Your assignment:
The required lines are those that contain "State"; pull them out of the data and copy them.

The input:
- Opening Delimiter -
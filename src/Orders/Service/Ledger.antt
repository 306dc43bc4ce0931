-- ===== src/Orders/Service/Ledger.antt =====
-- Requests to create orders, one after the other, whatever happens between them: what each
-- Idempotency-Key leads to.
mod Tests
use platform_engineering_lab.Prelude.{
  ◌≡◌, ◌⊎◌, inl, inr, refl, sym, ap, subst, ◌∙◌, String, Bool, true, false, List, [], ◌∷◌, Option,
  none, some, Result, ok, throw, All, arith, Result-cases,
}
use platform_engineering_lab.Effects.{Act}
use platform_engineering_lab.Js.Text.{to_lower_case_idem}
use platform_engineering_lab.Database.Errors.{JsError}
use platform_engineering_lab.Database.Filter.{Exception, failure}
use platform_engineering_lab.Orders.Types.{CreateOrderDto, Order, DomainEvent, World, Request}
use platform_engineering_lab.Orders.Cache.{Redis}
use platform_engineering_lab.Orders.Directory.{given, exists, DirectoryConfig, UserService}
use platform_engineering_lab.Orders.Directory.Laws.{exists-frame}
use platform_engineering_lab.Orders.Store.{OrderStore}
use platform_engineering_lab.Orders.Service.{CreateResult, Stamp, replay, create}
use platform_engineering_lab.Orders.Service.Rows.{IsLater, IsLater-refl, create-Adds}
use platform_engineering_lab.Orders.Service.Stored.{
  stored, IsPersisted, IsKeyed, HasKey, replay-user,
}
use platform_engineering_lab.Orders.Service.Laws.{Done, IsReplay}
use platform_engineering_lab.Orders.Service.Idempotency.{Repeated, create-Done, create-Repeated}

-- A request of POST /v1/orders as the service gets it, and what user-service answers to its lookup.
pub record Asked : Type 0 where
  pub dto : CreateOrderDto
  pub key : Option String
  pub correlation_id : String
  pub authorization : Option String
  pub stamp : Stamp
  pub users : UserService

abbrev pub Outcome : Type 0
Outcome = Option String × Result Exception CreateResult

-- What a later request under the key comes to.
abbrev pub Returns : String → Order → Outcome → Type 0
Returns k o (key, ok r) = given key ≡ some k → (r.created ≡ false) × (stored r.order ≡ stored o)
Returns k o (key, throw e) = Unit

abbrev pub Settles : Outcome → List Outcome → Type 0
Settles (key, ok r) later = (k : String) → given key ≡ some k → All (Returns k r.order) later
Settles (key, throw e) later = Unit

-- Once a request under a key has returned an order, each later one under that key that returns one
-- returns the same order, and creates none.
abbrev pub OnePerKey : List Outcome → Type 0
OnePerKey [] = Unit
OnePerKey (x ∷ later) = Settles x later × OnePerKey later

stored_idem : (o : Order) → stored (stored o) ≡ stored o
stored_idem o = λ i. record o { user_id = to_lower_case_idem o.user_id i }

replay-Returns :
    (k : String) (o p : Order) (dto : CreateOrderDto) (key : Option String)
    (x : Result Exception CreateResult)
    → stored p ≡ stored o
    → (x ≡ replay p dto) ⊎ ((e : JsError) × (x ≡ throw (failure e)))
    → Returns k o (key, x)
replay-Returns k o p dto key (ok r) same (inl e) =
    let (user, old, found) = replay-user p dto r (sym e) in λ keyed. (old, ap stored found ∙ same)
replay-Returns k o p dto key (ok r) same (inr (e, failed)) = absurd (cc)
replay-Returns k o p dto key (throw e) same how = tt

module _ (store : OrderStore) (redis : Redis) (config : DirectoryConfig) {Broker : Type 0}
    (publish : DomainEvent → Act JsError Broker (Unit {0})) where
  abbrev pub serve : Asked → Request store.Db redis.State Broker CreateResult
  serve a =
      create store publish (exists redis config a.users) a.dto a.key a.correlation_id
        a.authorization a.stamp

  -- The requests in order, and the key and the outcome of each.
  abbrev pub run : List Asked → World store.Db redis.State Broker → List Outcome
  run [] w = []
  run (a ∷ rest) w = let (x, w') = serve a w in (a.key, x) ∷ run rest w'

  serve-IsLater :
      (a : Asked) (w : World store.Db redis.State Broker) → IsLater store w.db (serve a w).1.db
  serve-IsLater a w =
      create-Adds store publish (exists redis config a.users)
        (λ u c t old v later. rw ((exists-frame redis config a.users u c t v).0) later) a.dto
        a.correlation_id a.stamp a.key a.authorization w.db w (IsLater-refl store w.db)

  run-Returns :
      (k : String) (o p : Order) (asked : List Asked) (w : World store.Db redis.State Broker)
      → stored p ≡ stored o
      → IsPersisted store k p w.db
      → All (Returns k o) (run asked w)
  run-Returns k o p [] w same there = tt
  run-Returns k o p (a ∷ later) w same there =
      let (x, w') = serve a w in
      (
        returned x w' refl,
        run-Returns k o p later w' same (record {
          id = there.id;
          key_row = (serve-IsLater a w).keys k there.id there.key_row;
          order_row = (serve-IsLater a w).orders there.id p there.order_row;
        }),
      )
    where
      returned :
          (x : Result Exception CreateResult) (w' : World store.Db redis.State Broker)
          → serve a w ≡ (x, w')
          → Returns k o (a.key, x)
      returned (throw e) w' made = tt
      returned (ok r) w' made = λ keyed.
          replay-Returns k o p a.dto a.key (ok r) same
            (create-Repeated store publish (exists redis config a.users) a.correlation_id a.stamp
              a.authorization a.key k p a.dto w w' (ok r) keyed there made).1
            keyed

  Done-Settles :
      (a : Asked) (r : CreateResult) (w w' : World store.Db redis.State Broker) (later : List Asked)
      → Done store publish
          (exists redis config a.users)
          a.dto
          a.correlation_id
          a.stamp
          (given a.key)
          w.broker
          r
          w'
      → Settles (a.key, ok r) (run later w')
  Done-Settles a r w w' later (inl new) k keyed =
      run-Returns k r.order (stored r.order) later w' (stored_idem r.order) (record {
        id = r.order.id;
        key_row = subst (λ key. HasKey (store.key_row w'.db) key r.order.id) keyed new.keyed;
        order_row = new.row;
      })
  Done-Settles a r w w' later (inr old) k keyed =
      run-Returns k r.order r.order later w' refl
        (subst (λ key. IsKeyed store key r.order w'.db) keyed old.persisted)

  -- In any sequence of requests to create orders, once a request under an Idempotency-Key has
  -- returned an order, every later request under that key that returns one returns the same order,
  -- as not created, whatever its data and whatever failed in between: a key creates at most one
  -- order. The user id is compared in lower case, as the database stores it.
  pub run-OnePerKey :
      (asked : List Asked) (w : World store.Db redis.State Broker) → OnePerKey (run asked w)
  run-OnePerKey [] w = tt
  run-OnePerKey (a ∷ later) w =
      (settled (serve a w).0 (serve a w).1 refl, run-OnePerKey later (serve a w).1)
    where
      settled :
          (x : Result Exception CreateResult) (w' : World store.Db redis.State Broker)
          → serve a w ≡ (x, w')
          → Settles (a.key, x) (run later w')
      settled (throw e) w' made = tt
      settled (ok r) w' made = Done-Settles a r w w' later (
          create-Done store publish (exists redis config a.users) a.dto a.correlation_id a.stamp
            a.authorization (λ u c t v. (exists-frame redis config a.users u c t v).1) a.key w w' r
            made)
- Closing Delimiter -
Answer below:
  abbrev pub serve : Asked → Request store.Db redis.State Broker CreateResult
  abbrev pub run : List Asked → World store.Db redis.State Broker → List Outcome
      (a : Asked) (w : World store.Db redis.State Broker) → IsLater store w.db (serve a w).1.db
      (k : String) (o p : Order) (asked : List Asked) (w : World store.Db redis.State Broker)
          (x : Result Exception CreateResult) (w' : World store.Db redis.State Broker)
      (a : Asked) (r : CreateResult) (w w' : World store.Db redis.State Broker) (later : List Asked)
      (asked : List Asked) (w : World store.Db redis.State Broker) → OnePerKey (run asked w)
          (x : Result Exception CreateResult) (w' : World store.Db redis.State Broker)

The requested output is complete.